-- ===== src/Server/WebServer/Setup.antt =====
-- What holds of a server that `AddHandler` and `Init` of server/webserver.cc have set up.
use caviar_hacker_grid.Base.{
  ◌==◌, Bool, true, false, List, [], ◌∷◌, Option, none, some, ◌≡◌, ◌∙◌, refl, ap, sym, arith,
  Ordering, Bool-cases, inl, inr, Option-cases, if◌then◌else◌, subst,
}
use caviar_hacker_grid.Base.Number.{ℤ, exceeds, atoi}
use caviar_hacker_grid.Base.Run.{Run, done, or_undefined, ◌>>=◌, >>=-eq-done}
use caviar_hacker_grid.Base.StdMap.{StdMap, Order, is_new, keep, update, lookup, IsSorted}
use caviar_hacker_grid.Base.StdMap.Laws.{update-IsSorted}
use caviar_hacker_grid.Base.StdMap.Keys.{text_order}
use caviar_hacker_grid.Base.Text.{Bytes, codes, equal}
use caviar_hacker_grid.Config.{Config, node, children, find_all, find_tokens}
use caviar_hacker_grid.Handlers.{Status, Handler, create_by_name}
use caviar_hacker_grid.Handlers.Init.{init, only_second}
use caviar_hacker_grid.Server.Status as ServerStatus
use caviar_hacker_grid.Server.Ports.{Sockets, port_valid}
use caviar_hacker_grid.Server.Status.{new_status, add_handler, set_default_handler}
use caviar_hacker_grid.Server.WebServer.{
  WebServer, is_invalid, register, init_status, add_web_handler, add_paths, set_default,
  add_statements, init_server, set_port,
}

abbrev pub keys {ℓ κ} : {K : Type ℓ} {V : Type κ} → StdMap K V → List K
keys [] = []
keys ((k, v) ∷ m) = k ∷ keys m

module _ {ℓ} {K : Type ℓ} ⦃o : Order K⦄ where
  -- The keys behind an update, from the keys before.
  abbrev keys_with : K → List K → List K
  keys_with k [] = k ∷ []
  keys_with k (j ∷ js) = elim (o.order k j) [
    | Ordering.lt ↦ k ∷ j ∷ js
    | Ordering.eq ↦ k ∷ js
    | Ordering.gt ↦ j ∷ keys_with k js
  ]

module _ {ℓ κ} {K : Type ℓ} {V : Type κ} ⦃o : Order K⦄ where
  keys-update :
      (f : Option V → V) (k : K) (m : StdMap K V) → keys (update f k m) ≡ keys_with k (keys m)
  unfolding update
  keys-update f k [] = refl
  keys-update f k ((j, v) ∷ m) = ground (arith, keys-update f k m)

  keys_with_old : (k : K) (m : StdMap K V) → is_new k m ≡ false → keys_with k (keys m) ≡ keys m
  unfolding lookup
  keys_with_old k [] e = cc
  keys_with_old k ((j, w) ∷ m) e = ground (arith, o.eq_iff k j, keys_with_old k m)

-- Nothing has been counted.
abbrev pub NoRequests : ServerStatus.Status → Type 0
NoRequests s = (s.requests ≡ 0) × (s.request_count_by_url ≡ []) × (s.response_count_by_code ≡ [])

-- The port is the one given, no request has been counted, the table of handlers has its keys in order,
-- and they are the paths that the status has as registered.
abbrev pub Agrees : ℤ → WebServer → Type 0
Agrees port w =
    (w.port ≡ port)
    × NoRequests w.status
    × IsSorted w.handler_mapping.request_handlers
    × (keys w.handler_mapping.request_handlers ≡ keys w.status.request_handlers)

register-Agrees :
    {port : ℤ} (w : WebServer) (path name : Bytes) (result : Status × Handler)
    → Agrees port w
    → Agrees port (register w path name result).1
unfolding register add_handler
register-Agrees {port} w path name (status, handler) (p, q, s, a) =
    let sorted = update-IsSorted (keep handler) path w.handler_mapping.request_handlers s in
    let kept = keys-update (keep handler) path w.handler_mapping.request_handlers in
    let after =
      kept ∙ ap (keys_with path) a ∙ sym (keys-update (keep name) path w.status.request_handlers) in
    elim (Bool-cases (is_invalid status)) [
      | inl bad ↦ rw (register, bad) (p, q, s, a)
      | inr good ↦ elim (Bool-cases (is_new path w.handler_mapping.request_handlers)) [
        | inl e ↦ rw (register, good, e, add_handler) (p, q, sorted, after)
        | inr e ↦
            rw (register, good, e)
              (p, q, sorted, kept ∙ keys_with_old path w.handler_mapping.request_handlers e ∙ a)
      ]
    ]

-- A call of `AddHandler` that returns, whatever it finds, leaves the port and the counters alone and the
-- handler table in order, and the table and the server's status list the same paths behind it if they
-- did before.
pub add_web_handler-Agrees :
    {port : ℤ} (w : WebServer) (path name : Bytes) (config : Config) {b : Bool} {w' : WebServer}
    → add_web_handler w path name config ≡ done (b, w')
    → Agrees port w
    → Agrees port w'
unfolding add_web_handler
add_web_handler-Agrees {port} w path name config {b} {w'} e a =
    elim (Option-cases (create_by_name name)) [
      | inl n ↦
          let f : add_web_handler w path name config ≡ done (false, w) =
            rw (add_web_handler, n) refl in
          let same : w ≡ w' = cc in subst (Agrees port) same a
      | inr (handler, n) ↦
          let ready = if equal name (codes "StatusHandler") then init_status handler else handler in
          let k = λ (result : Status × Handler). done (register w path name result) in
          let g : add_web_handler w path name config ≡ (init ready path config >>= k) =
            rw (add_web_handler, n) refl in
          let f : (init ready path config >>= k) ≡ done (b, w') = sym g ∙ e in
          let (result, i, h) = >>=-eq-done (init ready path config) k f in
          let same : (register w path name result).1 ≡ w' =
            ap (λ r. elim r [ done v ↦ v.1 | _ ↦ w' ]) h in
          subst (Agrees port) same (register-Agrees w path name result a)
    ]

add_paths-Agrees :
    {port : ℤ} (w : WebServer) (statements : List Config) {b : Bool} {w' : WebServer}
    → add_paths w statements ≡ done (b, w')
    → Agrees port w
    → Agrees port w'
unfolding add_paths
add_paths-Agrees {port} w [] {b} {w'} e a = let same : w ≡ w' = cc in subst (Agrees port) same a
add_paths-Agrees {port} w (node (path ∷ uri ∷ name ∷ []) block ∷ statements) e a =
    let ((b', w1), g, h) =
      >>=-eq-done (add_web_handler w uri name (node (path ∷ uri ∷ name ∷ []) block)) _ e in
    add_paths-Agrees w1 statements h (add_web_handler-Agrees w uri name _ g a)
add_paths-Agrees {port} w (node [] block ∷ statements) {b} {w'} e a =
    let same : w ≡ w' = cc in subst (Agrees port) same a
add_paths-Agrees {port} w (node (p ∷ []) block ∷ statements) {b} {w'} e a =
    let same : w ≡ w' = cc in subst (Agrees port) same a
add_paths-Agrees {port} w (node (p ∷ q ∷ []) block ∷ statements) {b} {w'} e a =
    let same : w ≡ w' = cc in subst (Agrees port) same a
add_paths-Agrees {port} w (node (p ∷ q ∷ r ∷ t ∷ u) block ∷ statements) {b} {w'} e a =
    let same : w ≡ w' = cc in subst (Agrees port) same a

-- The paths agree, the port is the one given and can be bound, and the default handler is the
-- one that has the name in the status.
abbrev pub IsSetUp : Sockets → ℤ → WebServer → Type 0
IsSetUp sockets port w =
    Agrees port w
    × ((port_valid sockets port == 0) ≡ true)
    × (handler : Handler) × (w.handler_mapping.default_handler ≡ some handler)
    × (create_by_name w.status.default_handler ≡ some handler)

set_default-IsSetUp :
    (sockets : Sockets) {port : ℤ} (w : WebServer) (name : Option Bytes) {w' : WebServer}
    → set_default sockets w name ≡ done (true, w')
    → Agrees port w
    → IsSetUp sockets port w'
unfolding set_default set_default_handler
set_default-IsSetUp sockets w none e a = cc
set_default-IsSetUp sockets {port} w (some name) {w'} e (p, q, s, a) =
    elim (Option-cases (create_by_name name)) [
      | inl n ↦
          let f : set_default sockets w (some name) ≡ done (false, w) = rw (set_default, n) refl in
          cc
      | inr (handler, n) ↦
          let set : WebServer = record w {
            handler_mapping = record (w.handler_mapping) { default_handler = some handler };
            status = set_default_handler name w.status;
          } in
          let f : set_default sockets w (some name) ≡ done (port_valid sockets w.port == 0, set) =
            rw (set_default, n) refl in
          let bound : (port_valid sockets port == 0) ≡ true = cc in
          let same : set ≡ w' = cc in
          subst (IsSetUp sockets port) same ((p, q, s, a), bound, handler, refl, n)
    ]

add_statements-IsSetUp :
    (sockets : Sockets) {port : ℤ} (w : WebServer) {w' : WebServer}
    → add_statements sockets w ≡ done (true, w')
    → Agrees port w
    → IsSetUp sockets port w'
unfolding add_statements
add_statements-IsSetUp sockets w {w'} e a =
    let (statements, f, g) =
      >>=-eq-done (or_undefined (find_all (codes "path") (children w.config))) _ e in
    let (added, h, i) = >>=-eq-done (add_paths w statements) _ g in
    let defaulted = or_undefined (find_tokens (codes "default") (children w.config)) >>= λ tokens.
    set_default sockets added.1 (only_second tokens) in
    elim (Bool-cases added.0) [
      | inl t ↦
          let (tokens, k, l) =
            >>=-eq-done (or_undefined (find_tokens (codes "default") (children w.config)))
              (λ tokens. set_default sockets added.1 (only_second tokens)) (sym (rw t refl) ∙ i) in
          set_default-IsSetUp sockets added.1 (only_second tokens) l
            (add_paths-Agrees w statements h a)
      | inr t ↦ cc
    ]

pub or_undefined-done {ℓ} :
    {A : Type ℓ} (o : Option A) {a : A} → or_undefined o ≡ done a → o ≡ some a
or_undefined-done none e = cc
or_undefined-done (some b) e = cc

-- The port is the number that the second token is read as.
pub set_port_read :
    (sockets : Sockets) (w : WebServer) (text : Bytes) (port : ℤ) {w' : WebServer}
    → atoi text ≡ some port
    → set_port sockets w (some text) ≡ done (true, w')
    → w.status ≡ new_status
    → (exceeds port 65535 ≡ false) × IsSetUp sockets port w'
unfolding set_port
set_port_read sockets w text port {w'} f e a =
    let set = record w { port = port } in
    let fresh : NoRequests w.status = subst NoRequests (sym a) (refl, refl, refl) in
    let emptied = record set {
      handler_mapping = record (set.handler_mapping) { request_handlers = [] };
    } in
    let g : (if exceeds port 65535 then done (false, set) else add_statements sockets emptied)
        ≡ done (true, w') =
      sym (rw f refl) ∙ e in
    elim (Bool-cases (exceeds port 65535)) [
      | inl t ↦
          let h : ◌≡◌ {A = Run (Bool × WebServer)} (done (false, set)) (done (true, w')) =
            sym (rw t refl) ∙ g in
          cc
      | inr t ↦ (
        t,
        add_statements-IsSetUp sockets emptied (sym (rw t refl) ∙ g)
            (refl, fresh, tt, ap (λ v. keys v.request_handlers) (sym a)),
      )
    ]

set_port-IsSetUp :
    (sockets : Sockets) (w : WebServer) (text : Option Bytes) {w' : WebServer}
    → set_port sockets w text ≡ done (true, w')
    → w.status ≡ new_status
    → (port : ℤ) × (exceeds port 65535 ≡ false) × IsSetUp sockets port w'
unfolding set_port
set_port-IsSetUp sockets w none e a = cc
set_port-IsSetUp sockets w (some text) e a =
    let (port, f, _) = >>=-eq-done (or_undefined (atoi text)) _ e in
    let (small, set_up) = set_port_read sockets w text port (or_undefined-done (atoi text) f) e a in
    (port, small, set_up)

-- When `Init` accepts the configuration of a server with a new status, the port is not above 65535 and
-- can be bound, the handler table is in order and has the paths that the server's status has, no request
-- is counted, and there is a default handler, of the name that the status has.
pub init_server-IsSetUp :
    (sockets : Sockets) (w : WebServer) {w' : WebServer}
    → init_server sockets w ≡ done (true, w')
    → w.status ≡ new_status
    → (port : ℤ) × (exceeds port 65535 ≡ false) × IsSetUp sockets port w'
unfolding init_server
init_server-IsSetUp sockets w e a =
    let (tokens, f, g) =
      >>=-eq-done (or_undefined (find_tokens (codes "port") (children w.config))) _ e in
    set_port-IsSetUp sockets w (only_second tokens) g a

◆ **What you will do**: Please return only the lines above, starting at the line that has "(add_paths-Agrees w statements" and ending at the line that has "set_port-IsSetUp sockets w (some", keeping both and leaving each one unchanged.

◆ **Completed task**:
            (add_paths-Agrees w statements h a)
      | inr t ↦ cc
    ]

pub or_undefined-done {ℓ} :
    {A : Type ℓ} (o : Option A) {a : A} → or_undefined o ≡ done a → o ≡ some a
or_undefined-done none e = cc
or_undefined-done (some b) e = cc

-- The port is the number that the second token is read as.
pub set_port_read :
    (sockets : Sockets) (w : WebServer) (text : Bytes) (port : ℤ) {w' : WebServer}
    → atoi text ≡ some port
    → set_port sockets w (some text) ≡ done (true, w')
    → w.status ≡ new_status
    → (exceeds port 65535 ≡ false) × IsSetUp sockets port w'
unfolding set_port
set_port_read sockets w text port {w'} f e a =
    let set = record w { port = port } in
    let fresh : NoRequests w.status = subst NoRequests (sym a) (refl, refl, refl) in
    let emptied = record set {
      handler_mapping = record (set.handler_mapping) { request_handlers = [] };
    } in
    let g : (if exceeds port 65535 then done (false, set) else add_statements sockets emptied)
        ≡ done (true, w') =
      sym (rw f refl) ∙ e in
    elim (Bool-cases (exceeds port 65535)) [
      | inl t ↦
          let h : ◌≡◌ {A = Run (Bool × WebServer)} (done (false, set)) (done (true, w')) =
            sym (rw t refl) ∙ g in
          cc
      | inr t ↦ (
        t,
        add_statements-IsSetUp sockets emptied (sym (rw t refl) ∙ g)
            (refl, fresh, tt, ap (λ v. keys v.request_handlers) (sym a)),
      )
    ]

set_port-IsSetUp :
    (sockets : Sockets) (w : WebServer) (text : Option Bytes) {w' : WebServer}
    → set_port sockets w text ≡ done (true, w')
    → w.status ≡ new_status
    → (port : ℤ) × (exceeds port 65535 ≡ false) × IsSetUp sockets port w'
unfolding set_port
set_port-IsSetUp sockets w none e a = cc
set_port-IsSetUp sockets w (some text) e a =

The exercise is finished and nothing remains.